::: Records for the task
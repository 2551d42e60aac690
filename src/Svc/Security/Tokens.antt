-- ===== src/Svc/Security/Tokens.antt =====
-- The SIDs and the token that IsAnInteractiveSession holds while it runs.
use winsvc.Prelude.{ℕ, refl, List, [], ◌∷◌, arith}
use winsvc.Syscall.{open_current_process_token, close_token}
use winsvc.Winapi.Constants.{security_interactive_rid, security_service_rid}
use winsvc.Winapi.Procs.{free_sid}
use winsvc.Winapi.System.{Call, Os, Trace, ignore, deferred, ◌>>=◌}
use winsvc.Winapi.Types.{Tokengroups}
use winsvc.Winapi.Resources.{sid, token}
use winsvc.Winapi.Resources.Bracket.{
  KeepsLive, bind-KeepsLive, Acquires, Releases, bracket-KeepsLive,
}
use winsvc.Svc.Security.{
  get_token_groups, alloc_sid, search_groups, scan_groups, query_token, is_an_interactive_session,
}

-- The trace after one comparison.
abbrev pub asked : Os → Trace → ℕ → ℕ → Trace
asked os t a b = (Call.equal_sid a b, os t (Call.equal_sid a b)) ∷ t

search_groups-KeepsLive : (groups : List ℕ) (a b : ℕ) → KeepsLive (search_groups groups a b)
unfolding search_groups
search_groups-KeepsLive [] a b os t = refl
search_groups-KeepsLive (g ∷ groups) a b os t =
    ground (arith, search_groups-KeepsLive groups a b os (asked os (asked os t g a) g b))

scan_groups-KeepsLive : (gs : Tokengroups) (a b : ℕ) → KeepsLive (scan_groups gs a b)
unfolding scan_groups
scan_groups-KeepsLive gs a b os t = ground (arith, search_groups-KeepsLive gs.groups a b os t)

get_token_groups-KeepsLive : (t : ℕ) → KeepsLive (get_token_groups t)
unfolding get_token_groups
get_token_groups-KeepsLive tok os t = ground arith

open-Acquires : Acquires token open_current_process_token
unfolding open_current_process_token
open-Acquires os t = ground arith

close-Releases : Releases token (λ t. ignore (close_token t))
unfolding close_token
close-Releases a os t held h = ground arith

alloc_sid-Acquires : (rid : ℕ) → Acquires sid (alloc_sid rid)
unfolding alloc_sid
alloc_sid-Acquires rid os t = ground arith

free_sid-Releases : Releases sid (λ s. ignore (free_sid s))
unfolding free_sid
free_sid-Releases a os t held h = ground arith

query_token-KeepsLive : (a b : ℕ) → KeepsLive (query_token a b)
unfolding query_token
query_token-KeepsLive a b =
    bracket-KeepsLive token open_current_process_token (λ t. ignore (close_token t))
      (λ t. get_token_groups t >>= λ gs. scan_groups gs a b) open-Acquires close-Releases
      λ t.
        bind-KeepsLive (get_token_groups t) (λ gs. scan_groups gs a b)
          (get_token_groups-KeepsLive t) λ gs. scan_groups-KeepsLive gs a b

with_service_sid-KeepsLive :
    (a : ℕ)
    → KeepsLive
        (alloc_sid security_service_rid >>= λ b. deferred (ignore (free_sid b)) (query_token a b))
with_service_sid-KeepsLive a =
    bracket-KeepsLive sid (alloc_sid security_service_rid) (λ b. ignore (free_sid b))
      (query_token a) (alloc_sid-Acquires security_service_rid) free_sid-Releases
      (query_token-KeepsLive a)

-- However it ends, be it with a panic, IsAnInteractiveSession has freed both SIDs and closed the
-- token that it opened, and holds nothing new.
pub is_an_interactive_session-KeepsLive : KeepsLive is_an_interactive_session
unfolding is_an_interactive_session
is_an_interactive_session-KeepsLive =
    bracket-KeepsLive sid (alloc_sid security_interactive_rid) (λ a. ignore (free_sid a))
      (λ a.
        alloc_sid security_service_rid >>= λ b. deferred (ignore (free_sid b)) (query_token a b))
      (alloc_sid-Acquires security_interactive_rid) free_sid-Releases with_service_sid-KeepsLive
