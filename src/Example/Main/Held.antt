-- ===== src/Example/Main/Held.antt =====
-- What the program holds when main ends.
use winsvc.Prelude.{ℕ, ◌≡◌, ◌≢◌, refl, ◌∙◌, Bool, true, false, List, [], ◌∷◌, arith}
use winsvc.Unicode.{GoString, codes}
use winsvc.Winapi.System.{Os, Trace, Outcome, ok, err, panic, M, Attempt}
use winsvc.Winapi.Resources.{live}
use winsvc.Winapi.Resources.Bracket.{KeepsLive}
use winsvc.Debug.Console
use winsvc.Debug.Log.{
  World, Program, return, with_trace, settle, resume, on_windows, attempt, ◌>>=◌, console_log,
}
use winsvc.Svc.Types.{stop, pause, continue, stopped, paused, running}
use winsvc.Svc.Security.{is_an_interactive_session}
use winsvc.Svc.Security.Tokens.{is_an_interactive_session-KeepsLive}
use winsvc.Example.Install.{install_service, remove_service}
use winsvc.Example.Install.Held.{install_service-KeepsLive, remove_service-KeepsLive}
use winsvc.Example.Manage.{start_service, control_service}
use winsvc.Example.Manage.Held.{start_service-KeepsLive, control_service-KeepsLive}
use winsvc.Example.Running.{run_service, run_with, report_end, console_run}
use winsvc.Example.Main.{
  Setting, Ended, svc_name, carry_out, control, serve, dispatch, interactive, in_session, main,
}

-- However the program ends, it holds what it held before.
abbrev pub Frees : {A : Type 0} → Program A → Type 0
Frees m =
    (os : Os) (console : Console.Console) (w : World) → live (m os console w).1.trace ≡ live w.trace

-- A call out to Windows, and what is made of its result.
reported-Frees :
    {A : Type 0} (m : M A) (f : Attempt A → Ended)
    → KeepsLive m
    → Frees (attempt (on_windows m) >>= λ x. return (f x))
reported-Frees {A} m f k os console w = cases (m os w.trace) (k os w.trace)
  where
    cases :
        (x : Outcome A × Trace)
        → live x.1 ≡ live w.trace
        → live (resume (settle (with_trace x w)) (λ y. return (f y)) os console).1.trace
          ≡ live w.trace
    cases (ok a, t) h = h
    cases (err e, t) h = h
    cases (panic, t) h = h

serve-Frees : (s : Setting) → Frees (serve s true)
unfolding serve run_service run_with report_end console_run console_log Console.new
serve-Frees s os console w = ground arith

carry_out-Frees :
    (s : Setting) (cmd : GoString) (m : M (Unit {0}))
    → KeepsLive m
    → Frees (carry_out s.texts cmd m)
unfolding carry_out
carry_out-Frees s cmd m k = reported-Frees m _ k

control-Frees : (s : Setting) (cmd : GoString) (c to : ℕ) → Frees (control s cmd c to)
unfolding control
control-Frees s cmd c to =
    reported-Frees (control_service svc_name c to s.clock) _
      (control_service-KeepsLive svc_name c to s.clock)

dispatch-Frees : (s : Setting) (prog cmd : GoString) → Frees (dispatch s prog cmd)
unfolding dispatch
dispatch-Frees s prog cmd os console w =
    let install = install_service s.files prog svc_name (codes "my service") in
    let installing = install_service-KeepsLive s.files prog svc_name (codes "my service") in
    ground (
      arith,
      serve-Frees s os console w,
      carry_out-Frees s cmd install installing os console w,
      carry_out-Frees s cmd (remove_service svc_name) (remove_service-KeepsLive svc_name) os console
          w,
      carry_out-Frees s cmd (start_service svc_name) (start_service-KeepsLive svc_name) os console
          w,
      control-Frees s cmd stop stopped os console w,
      control-Frees s cmd pause paused os console w,
      control-Frees s cmd continue running os console w,
    )

interactive-Frees : (s : Setting) (args : List GoString) → Frees (interactive s args)
unfolding interactive
interactive-Frees s [] os console w = refl
interactive-Frees s (prog ∷ []) os console w = refl
interactive-Frees s (prog ∷ arg ∷ args) os console w =
    dispatch-Frees s prog (s.to_lower arg) os console w

-- Behind the question whether the session is interactive, if it is not denied.
session-Frees :
    (s : Setting) (x : Outcome Bool × Trace) (os : Os) (console : Console.Console) (w : World)
    → x.0 ≢ ok false
    → live x.1 ≡ live w.trace
    → live (resume (settle (with_trace x w)) (in_session s) os console).1.trace ≡ live w.trace
unfolding in_session
session-Frees s (ok true, t) os console w k h =
    interactive-Frees s s.args os console (record w { trace = t }) ∙ h
session-Frees s (ok false, t) os console w k h = absurd (k refl)
session-Frees s (err e, t) os console w k h = h
session-Frees s (panic, t) os console w k h = h

-- Unless the session is found not to be interactive, and the program runs as a service, main ends
-- with every handle, key and SID given back that it was handed, whichever command it is given and
-- whatever Windows answers.
pub main-Frees :
    (s : Setting) (os : Os) (console : Console.Console) (w : World)
    → (is_an_interactive_session os w.trace).0 ≢ ok false
    → live (main s os console w).1.trace ≡ live w.trace
unfolding main
main-Frees s os console w k =
    session-Frees s (is_an_interactive_session os w.trace) os console w k
      (is_an_interactive_session-KeepsLive os w.trace)
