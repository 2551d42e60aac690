-- ===== src/Example/Manage/Polls.antt =====
-- example/manage.go: when controlService is done.
use winsvc.Prelude.{
  ℕ, ◌≡◌, ◌≢◌, refl, Bool, true, false, Option, none, some, List, [], ◌∷◌, All, arith,
}
use winsvc.Unicode.{GoString, has_nul}
use winsvc.Winapi.Procs
use winsvc.Winapi.System.{Call, Os, Trace, Outcome, ok, err, panic, M, resume, ignore, after}
use winsvc.Mgr.Manager.{Mgr, Service, connect, disconnect, open_service}
use winsvc.Mgr.Control
use winsvc.Svc.Types.{Status}
use winsvc.Example.Manage.{
  Polled, reached, sleeping, explained, with_service, poll, send_and_poll, control_service,
}

-- The state that a service reported last, in an answer to a control or to a query.
abbrev pub last_state : Trace → Option ℕ
last_state [] = none
last_state ((Call.control_service service control, r) ∷ t) = some r.status.current_state
last_state ((Call.query_service_status service, r) ∷ t) = some r.status.current_state
last_state (_ ∷ t) = last_state t

-- How the loop ends: in the state it waits for, as Windows reported it, or with an error, and
-- asleep only while the time is not over.
abbrev pub EndsPolled : (to : ℕ) → List Bool → Outcome Polled × Trace → Type 0
EndsPolled to clock (ok reached, t) = last_state t ≡ some to
EndsPolled to clock (ok sleeping, t) = All (λ late. late ≡ false) clock
EndsPolled to clock (err e, t) = Unit
EndsPolled to clock (panic, t) = ⊥

EndsPolled-later :
    (to : ℕ) (clock : List Bool) (x : Outcome Polled × Trace)
    → EndsPolled to clock x
    → EndsPolled to (false ∷ clock) x
EndsPolled-later to clock (ok reached, t) h = h
EndsPolled-later to clock (ok sleeping, t) h = (refl, h)
EndsPolled-later to clock (err e, t) h = tt
EndsPolled-later to clock (panic, t) h = h

-- Closing a handle changes nothing of it.
EndsPolled-close :
    (to : ℕ) (clock : List Bool) (x : Outcome Polled × Trace) (handle : ℕ) (os : Os)
    → EndsPolled to clock x
    → EndsPolled to clock (after x (ignore (Procs.close_service_handle handle)) os)
unfolding Procs.close_service_handle
EndsPolled-close to clock (ok reached, t) handle os h = ground arith
EndsPolled-close to clock (ok sleeping, t) handle os h = h
EndsPolled-close to clock (err e, t) handle os h = tt
EndsPolled-close to clock (panic, t) handle os h = h

-- After a status that Windows reported.
poll-EndsPolled :
    (s : Service) (to : ℕ) (clock : List Bool) (status : Status) (os : Os) (t : Trace)
    → last_state t ≡ some status.state
    → EndsPolled to clock (poll s to clock status os t)
unfolding poll Control.query
poll-EndsPolled s to [] status os t h = ground arith
poll-EndsPolled s to (true ∷ clock) status os t h = ground arith
poll-EndsPolled s to (false ∷ clock) status os t h =
    let asked = Call.query_service_status s.handle in
    let t' = (asked, os t asked) ∷ t in
    let now = Control.status_of (os t asked).status in
    ground (
      arith,
      EndsPolled-later to clock (poll s to clock now os t')
          (poll-EndsPolled s to clock now os t' refl),
    )

send_and_poll-EndsPolled :
    (c to : ℕ) (clock : List Bool) (s : Service) (os : Os) (t : Trace)
    → EndsPolled to clock (send_and_poll c to clock s os t)
unfolding send_and_poll Control.control
send_and_poll-EndsPolled c to clock s os t =
    let asked = Call.control_service s.handle c in
    let t' = (asked, os t asked) ∷ t in
    ground (arith, poll-EndsPolled s to clock (Control.status_of (os t asked).status) os t' refl)

resume-EndsPolled :
    {A : Type 0} (to : ℕ) (clock : List Bool) (x : Outcome A × Trace) (f : A → M Polled) (os : Os)
    → x.0 ≢ panic
    → ((a : A) (t : Trace) → EndsPolled to clock (f a os t))
    → EndsPolled to clock (resume x f os)
resume-EndsPolled to clock (ok a, t) f os no_panic ends = ends a t
resume-EndsPolled to clock (err e, t) f os no_panic ends = tt
resume-EndsPolled to clock (panic, t) f os no_panic ends = absurd (no_panic refl)

open_service_returns :
    (text name : GoString) (m : Mgr) (os : Os) (t : Trace)
    → has_nul name ≡ false
    → (explained text (open_service m name) os t).0 ≢ panic
unfolding open_service
open_service_returns text name m os t n = ground arith

connect_returns : (os : Os) (t : Trace) → (connect os t).0 ≢ panic
unfolding connect
connect_returns os t = ground arith

-- For a name without NUL controlService does not panic; it returns without an error only when the
-- service reported the wanted state in its latest answer, and still sleeps only where the
-- time was not over at any look at the clock.
pub control_service-EndsPolled :
    (name : GoString) (c to : ℕ) (clock : List Bool) (os : Os) (t : Trace)
    → has_nul name ≡ false
    → EndsPolled to clock (control_service name c to clock os t)
unfolding control_service with_service disconnect Control.close
control_service-EndsPolled name c to clock os t n =
    resume-EndsPolled to clock (connect os t) _ os (connect_returns os t) (λ m t'.
      EndsPolled-close to clock _ m.handle os (
        resume-EndsPolled to clock (explained _ (open_service m name) os t') _ os
          (open_service_returns _ name m os t' n)
          (λ s t''.
            EndsPolled-close to clock _ s.handle os
              (send_and_poll-EndsPolled c to clock s os t''))))
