-- ===== src/Ledger/Payouts/Settling.antt =====
-- The middle of a confirmation or a refund: the items still to do, and those of other attempts.
use zcash_mining_pool.Prelude.{
  ℕ, ◌≡◌, ◌≢◌, sym, subst, fun_ext, ◌∙◌, ◌&&◌, true, List, [], ◌∷◌, arith, ◌==◌, All, ℤ, ◌+ℤ◌, ◌-ℤ◌,
  ◌≤ℤ◌, leb_ℤ, int_laws, parts_of_eq, sum_by,
}
use zcash_mining_pool.Sql.{
  update, affected, select, delete, sum_by-select-delete, All-select, All-delete,
}
use zcash_mining_pool.Ledger.Tables.{Balance, PayoutItem, Db}
use zcash_mining_pool.Ledger.Payouts.{paying_covers, of_attempt, drop_items}
use zcash_mining_pool.Ledger.Payouts.Backing.{IsBacked, due, IsBacked-update, IsBacked-covers}
use zcash_mining_pool.Ledger.Payouts.Sound.{
  IsSound, IsPositive, IsHoused, IsSolvent, IsBooking, reserved, recorded, reserved_nonneg,
  for_miner_self, for_miner_ne,
}

pub record IsSettling (todo rest : List PayoutItem) (db : Db) : Type 0 where
  pub backed : IsBacked (λ b. b.paying) (λ m. reserved todo m +ℤ reserved rest m) db.balances
  pub audited : IsBacked (λ b. b.paid) (recorded db.payouts) db.balances
  pub positive : All IsPositive todo
  pub positive_rest : All IsPositive rest
  pub housed : All (IsHoused db.balances) todo
  pub housed_rest : All (IsHoused db.balances) rest
  pub solvent : All IsSolvent db.balances
  pub bookings : All (IsBooking db.balances) db.payouts

-- Where an attempt's items are selected, the rest is what will be left.
pub start-IsSettling :
    (k : ℕ) (db : Db)
    → IsSound db
    → IsSettling (select (of_attempt k) db.items) (delete (of_attempt k) db.items) db
start-IsSettling k db h = record {
  backed =
      subst (λ owe. IsBacked (λ b. b.paying) owe db.balances)
        (sym (fun_ext (λ m. sum_by-select-delete (due m) (of_attempt k) db.items))) h.backed;
  audited = h.audited;
  positive = All-select IsPositive (of_attempt k) db.items h.positive;
  positive_rest = All-delete IsPositive (of_attempt k) db.items h.positive;
  housed = All-select (IsHoused db.balances) (of_attempt k) db.items h.housed;
  housed_rest = All-delete (IsHoused db.balances) (of_attempt k) db.items h.housed;
  solvent = h.solvent;
  bookings = h.bookings;
}

nothing_to_do :
    (rest : List PayoutItem) (m : ℕ) → reserved [] m +ℤ reserved rest m ≡ reserved rest m
unfolding sum_by
nothing_to_do rest m = omega int_laws

-- When all is done, deleting the attempt's items gives a sound database again.
pub finish-IsSound :
    (k : ℕ) (db : Db)
    → IsSettling [] (delete (of_attempt k) db.items) db
    → IsSound (drop_items k db)
unfolding drop_items
finish-IsSound k db h = record {
  backed =
      subst (λ owe. IsBacked (λ b. b.paying) owe db.balances)
        (fun_ext (nothing_to_do (delete (of_attempt k) db.items))) h.backed;
  audited = h.audited;
  positive = h.positive_rest;
  housed = h.housed_rest;
  solvent = h.solvent;
  bookings = h.bookings;
}

module _ (i : PayoutItem) (todo rest : List PayoutItem) (db : Db)
    (h : IsSettling (i ∷ todo) rest db) where
  abbrev m : ℕ
  m = i.miner_id

  owe_at :
      reserved (i ∷ todo) m +ℤ reserved rest m ≡ i.amount +ℤ (reserved todo m +ℤ reserved rest m)
  unfolding sum_by
  owe_at = rw (for_miner_self m i.amount) (omega int_laws)

  enough : i.amount ≤ℤ reserved (i ∷ todo) m +ℤ reserved rest m
  enough = omega (
    int_laws,
    parts_of_eq owe_at,
    reserved_nonneg m todo h.positive.1,
    reserved_nonneg m rest h.positive_rest,
  )

  -- The guard of an item that is to be settled always passes.
  pub item_covered : affected (paying_covers m i.amount) db.balances ≢ 0
  item_covered =
      IsBacked-covers (λ b. b.paying) (λ j. reserved (i ∷ todo) j +ℤ reserved rest j) m i.amount
        db.balances h.backed h.housed.0 enough

  lowers :
      (p : ℤ)
      → p ≡ reserved (i ∷ todo) m +ℤ reserved rest m
      → p -ℤ i.amount ≡ reserved todo m +ℤ reserved rest m
  lowers p e = rw (e, owe_at) (omega int_laws)

  others_kept :
      (j : ℕ)
      → j ≢ m
      → reserved todo j +ℤ reserved rest j ≡ reserved (i ∷ todo) j +ℤ reserved rest j
  unfolding sum_by
  others_kept j ne = rw (for_miner_ne j m i.amount ne) (omega int_laws)

  pub item_lowered :
      (f : Balance → Balance)
      → ((b : Balance) → (f b).miner_id ≡ b.miner_id)
      → ((b : Balance) → (f b).paying ≡ b.paying -ℤ i.amount)
      → IsBacked
          (λ b. b.paying)
          (λ j. reserved todo j +ℤ reserved rest j)
          (update (paying_covers m i.amount) f db.balances)
  item_lowered f keeps low =
      IsBacked-update (λ b. b.paying) m others_kept (paying_covers m i.amount) f
        (λ b e. let e' : ((b.miner_id == m) && leb_ℤ i.amount b.paying) ≡ true = e in ground arith)
        keeps (λ b _ e. low b ∙ lowers b.paying e) db.balances item_covered h.backed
::::::
* Assignment *
Look through the entries above; find each line with the word "paused" and copy it.

* Answer box *
use winsvc.Svc.Types.{stop, pause, continue, stopped, paused, running}
      control-Frees s cmd pause paused os console w,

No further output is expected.